[[ MATERIAL FOR THIS TASK, beginning ]]
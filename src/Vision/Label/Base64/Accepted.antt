-- ===== src/Vision/Label/Base64/Accepted.antt =====
-- label.rs: the encodings of bytes are accepted, with their number.
use easycon_sdk.Common.{
  ℕ, ◌+◌, ◌*◌, ◌/◌, ◌%◌, ◌^◌, ◌<◌, ◌≤◌, ◌≡◌, ◌∙◌, ap, refl, some, List, [], ◌∷◌, length, arith, All,
}
use easycon_sdk.Vision.Label.Base64.{pad, any_unknown, last_bits_left, strict_base64_decoded_length}
use easycon_sdk.Vision.Label.Base64.Blocks.{
  known-symbol, symbol, encoding, base64_value-symbol, symbol_unpadded, decoded_block,
}

final_one :
    (v w : ℕ)
    → v < 64
    → w < 64
    → w % 16 ≡ 0
    → strict_base64_decoded_length (symbol v ∷ symbol w ∷ pad ∷ pad ∷ []) ≡ some 1
unfolding strict_base64_decoded_length any_unknown last_bits_left
final_one v w hv hw even =
    rw
      (
        symbol_unpadded v,
        symbol_unpadded w,
        base64_value-symbol v hv,
        base64_value-symbol w hw,
        even,
      )
      refl

final_two :
    (u v w : ℕ)
    → u < 64
    → v < 64
    → w < 64
    → w % 4 ≡ 0
    → strict_base64_decoded_length (symbol u ∷ symbol v ∷ symbol w ∷ pad ∷ []) ≡ some 2
unfolding strict_base64_decoded_length any_unknown last_bits_left
final_two u v w hu hv hw even =
    rw
      (
        symbol_unpadded w,
        symbol_unpadded u,
        symbol_unpadded v,
        base64_value-symbol u hu,
        base64_value-symbol v hv,
        base64_value-symbol w hw,
        even,
        symbol_unpadded w,
      )
      refl

final_three :
    (t u v w : ℕ)
    → t < 64
    → u < 64
    → v < 64
    → w < 64
    → strict_base64_decoded_length (symbol t ∷ symbol u ∷ symbol v ∷ symbol w ∷ []) ≡ some 3
unfolding strict_base64_decoded_length any_unknown last_bits_left
final_three t u v w ht hu hv hw =
    rw
      (
        symbol_unpadded w,
        symbol_unpadded t,
        symbol_unpadded u,
        symbol_unpadded v,
        base64_value-symbol t ht,
        base64_value-symbol u hu,
        base64_value-symbol v hv,
        base64_value-symbol w hw,
        symbol_unpadded w,
      )
      refl

pub length-encoding : (bytes : List ℕ) → length (encoding bytes) ≡ (length bytes + 2) / 3 * 4
length-encoding [] = refl
length-encoding (a ∷ []) = refl
length-encoding (a ∷ b ∷ []) = refl
length-encoding (a ∷ b ∷ c ∷ bytes) = omega (arith, length-encoding bytes)

-- The encoding of bytes is accepted, with their number.
pub decoded_length-encoding :
    (bytes : List ℕ)
    → All (λ b. b < 256) bytes
    → 1 ≤ length bytes
    → length (encoding bytes) < 2 ^ 63
    → strict_base64_decoded_length (encoding bytes) ≡ some (length bytes)
decoded_length-encoding [] fit h short = absurd (omega arith)
decoded_length-encoding (a ∷ []) (ha, fit) h short =
    final_one (a / 4) (a % 4 * 16) (omega arith) (omega arith) (omega arith)
decoded_length-encoding (a ∷ b ∷ []) (ha, (hb, fit)) h short =
    final_two (a / 4) (a % 4 * 16 + b / 16) (b % 16 * 4) (omega arith) (omega arith) (omega arith)
      (omega arith)
decoded_length-encoding (a ∷ b ∷ c ∷ []) (ha, (hb, (hc, fit))) h short =
    final_three (a / 4) (a % 4 * 16 + b / 16) (b % 16 * 4 + c / 64) (c % 64) (omega arith)
      (omega arith) (omega arith) (omega arith)
decoded_length-encoding (a ∷ b ∷ c ∷ d ∷ bytes) (ha, (hb, (hc, fit))) h short =
    let rest = encoding (d ∷ bytes) in
    let len = length-encoding (d ∷ bytes) in
    decoded_block (symbol (a / 4)) (symbol (a % 4 * 16 + b / 16)) (symbol (b % 16 * 4 + c / 64))
      (symbol (c % 64)) rest (omega (arith, len)) (omega arith)
    ∙ rw
        (
          known-symbol (a / 4) (omega arith),
          known-symbol (a % 4 * 16 + b / 16) (omega arith),
          known-symbol (b % 16 * 4 + c / 64) (omega arith),
          known-symbol (c % 64) (omega arith),
          decoded_length-encoding (d ∷ bytes) fit (omega arith) (omega arith),
        )
        (ap some (omega arith))
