-- ===== src/Fat/Table/Entry.antt =====
-- The entries of the first table on the disk, and how a sector of it is read.
use chouryos.Base.{
  ℕ, ◌+◌, ◌*◌, ◌/◌, ◌%◌, ◌^◌, ◌≤◌, ◌<◌, ◌≡◌, refl, sym, ap, ◌∙◌, ◌⊎◌, inl, inr, ◌==◌, if◌then◌else◌,
  Bool-cases, ==_iff, u32, arith,
}
use chouryos.Hd.{Disk, read_hd}
use chouryos.Fat.{Filetype, fat12, fat16, fat32, bits, Geometry, Volume, read_sector}
use chouryos.Fat.Table.{entry_sec}

-- Byte `b` of the first table.
abbrev pub byte_at : Geometry → Disk → ℕ → ℕ
byte_at g d b = d (g.partition_sec + g.rsvd_sec_cnt + b / 512) (b % 512)

-- The entry of a cluster in the first table, by the file type.
abbrev pub entry_by : Filetype → Geometry → Disk → ℕ → ℕ
entry_by fat12 g d c =
    let b = c * 12 / 8 in
    let w = byte_at g d b + byte_at g d (b + 1) * 256 in if c % 2 == 1 then w / 16 else w % 4096
entry_by fat16 g d c = byte_at g d (c * 2) + byte_at g d (c * 2 + 1) * 256
entry_by fat32 g d c =
    byte_at g d (c * 4)
    + byte_at g d (c * 4 + 1) * 256
    + byte_at g d (c * 4 + 2) * 65536
    + byte_at g d (c * 4 + 3) * 16777216

unfoldable pub entry : Geometry → Disk → ℕ → ℕ
entry g d c = entry_by g.ft g d c

-- Sectors of 512 bytes, and tables in reach of a 32-bit sector number. A FAT12 volume has one
-- reserved sector.
pub record IsGeometry (g : Geometry) : Type 0 where
  pub sector : g.bytes_per_sec ≡ 512
  pub room : g.partition_sec + g.rsvd_sec_cnt + 2 * g.fat_sec_sz < 2 ^ 32
  pub reserved : g.ft ≡ fat12 → g.rsvd_sec_cnt ≡ 1

-- A cluster with an entry in the table. `clus * 32` of the code is to be less than 2 ^ 32.
pub record InTable (g : Geometry) (c : ℕ) : Type 0 where
  pub range : (2 ≤ c) × (c < g.beoc)
  pub inside : (c + 1) * bits g.ft ≤ g.fat_sec_sz * 4096
  pub small : c * bits g.ft < 2 ^ 32

-- The sector in the buffer is that of the disk.
abbrev pub IsCoherent : Geometry → Volume → Type 0
IsCoherent g v =
    (i : ℕ) → i < 512 → v.buffer_fat i ≡ v.disk (u32 (v.last_access + g.partition_sec)) i

-- What the type `uint8` promises of the disk.
abbrev pub IsDisk : Disk → Type 0
IsDisk d = (x i : ℕ) → d x i < 256

-- What a read of a sector does.
pub record HasRead (g : Geometry) (sec : ℕ) (v v' : Volume) : Type 0 where
  pub same_disk : v'.disk ≡ v.disk
  pub at_sector : v'.last_access ≡ sec
  pub bytes : (i : ℕ) → i < 512 → v'.buffer_fat i ≡ v.disk (u32 (sec + g.partition_sec)) i

pub read_sector-HasRead :
    (g : Geometry) (sec : ℕ) (v : Volume) → IsCoherent g v → HasRead g sec v (read_sector g sec v)
unfolding read_sector read_hd
read_sector-HasRead g sec v h = elim (Bool-cases (sec == v.last_access)) [
  | inl e ↦
      let same : sec ≡ v.last_access = (==_iff _ _).0 e in
      rw e (record {
        same_disk = refl;
        at_sector = sym same;
        bytes = λ i l. h i l ∙ ap (λ s. v.disk (u32 (s + g.partition_sec)) i) (sym same);
      })
  | inr e ↦ rw e (record { same_disk = refl; at_sector = refl; bytes = λ i l. ground arith })
]

pub HasRead-IsCoherent :
    (g : Geometry) (sec : ℕ) (v v' : Volume) → HasRead g sec v v' → IsCoherent g v'
HasRead-IsCoherent g sec v v' r i l = rw (r.same_disk, r.at_sector) (r.bytes i l)

-- The bytes of a sector of the table, once it is read.
pub HasRead-byte_at :
    (g : Geometry) (sec b i : ℕ) (v v' : Volume)
    → IsGeometry g
    → HasRead g sec v v'
    → sec ≡ g.rsvd_sec_cnt + b / 512
    → b < g.fat_sec_sz * 512
    → i ≡ b % 512
    → v'.buffer_fat i ≡ byte_at g v.disk b
HasRead-byte_at g sec b i v v' w r p h q =
    let place : u32 (sec + g.partition_sec) ≡ g.partition_sec + g.rsvd_sec_cnt + b / 512 =
      omega (arith, w.room) in
    r.bytes i (omega arith) ∙ λ t. v.disk (place t) (q t)

pub entry_sec-eq :
    (g : Geometry) (t : Filetype) (c : ℕ)
    → IsGeometry g
    → g.ft ≡ t
    → c * bits t < 2 ^ 32
    → (c + 1) * bits t ≤ g.fat_sec_sz * 4096
    → entry_sec g c ≡ u32 (c * bits t / 8 / 512 + g.rsvd_sec_cnt)
entry_sec-eq g t c w e l h =
    let e1 : u32 (c * bits g.ft) ≡ c * bits t = ap (λ k. u32 (c * bits k)) e ∙ omega arith in
    ap (λ n. u32 (n / 8 / g.bytes_per_sec + g.rsvd_sec_cnt)) e1
    ∙ ap (λ n. u32 (c * bits t / 8 / n + g.rsvd_sec_cnt)) w.sector

pub Filetype-cases : (t : Filetype) → (t ≡ fat12) ⊎ ((t ≡ fat16) ⊎ (t ≡ fat32))
Filetype-cases fat12 = inl refl
Filetype-cases fat16 = inr (inl refl)
Filetype-cases fat32 = inr (inr refl)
[[ MATERIAL FOR THIS TASK, end ]]
● **WORK TO BE COMPLETED**
Would you copy, unchanged, the stretch of the records above that begins at the line containing "decoded_length-encoding (a ∷ b ∷ c ∷ [])" and ends at the line containing "-- ===== src/Fat/Table/Entry.antt", and only that?

● **TASK RESPONSE**
decoded_length-encoding (a ∷ b ∷ c ∷ []) (ha, (hb, (hc, fit))) h short =
    final_three (a / 4) (a % 4 * 16 + b / 16) (b % 16 * 4 + c / 64) (c % 64) (omega arith)
      (omega arith) (omega arith) (omega arith)
decoded_length-encoding (a ∷ b ∷ c ∷ d ∷ bytes) (ha, (hb, (hc, fit))) h short =
    let rest = encoding (d ∷ bytes) in
    let len = length-encoding (d ∷ bytes) in
    decoded_block (symbol (a / 4)) (symbol (a % 4 * 16 + b / 16)) (symbol (b % 16 * 4 + c / 64))
      (symbol (c % 64)) rest (omega (arith, len)) (omega arith)
    ∙ rw
        (
          known-symbol (a / 4) (omega arith),
          known-symbol (a % 4 * 16 + b / 16) (omega arith),
          known-symbol (b % 16 * 4 + c / 64) (omega arith),
          known-symbol (c % 64) (omega arith),
          decoded_length-encoding (d ∷ bytes) fit (omega arith) (omega arith),
        )
        (ap some (omega arith))
-- ===== src/Fat/Table/Entry.antt =====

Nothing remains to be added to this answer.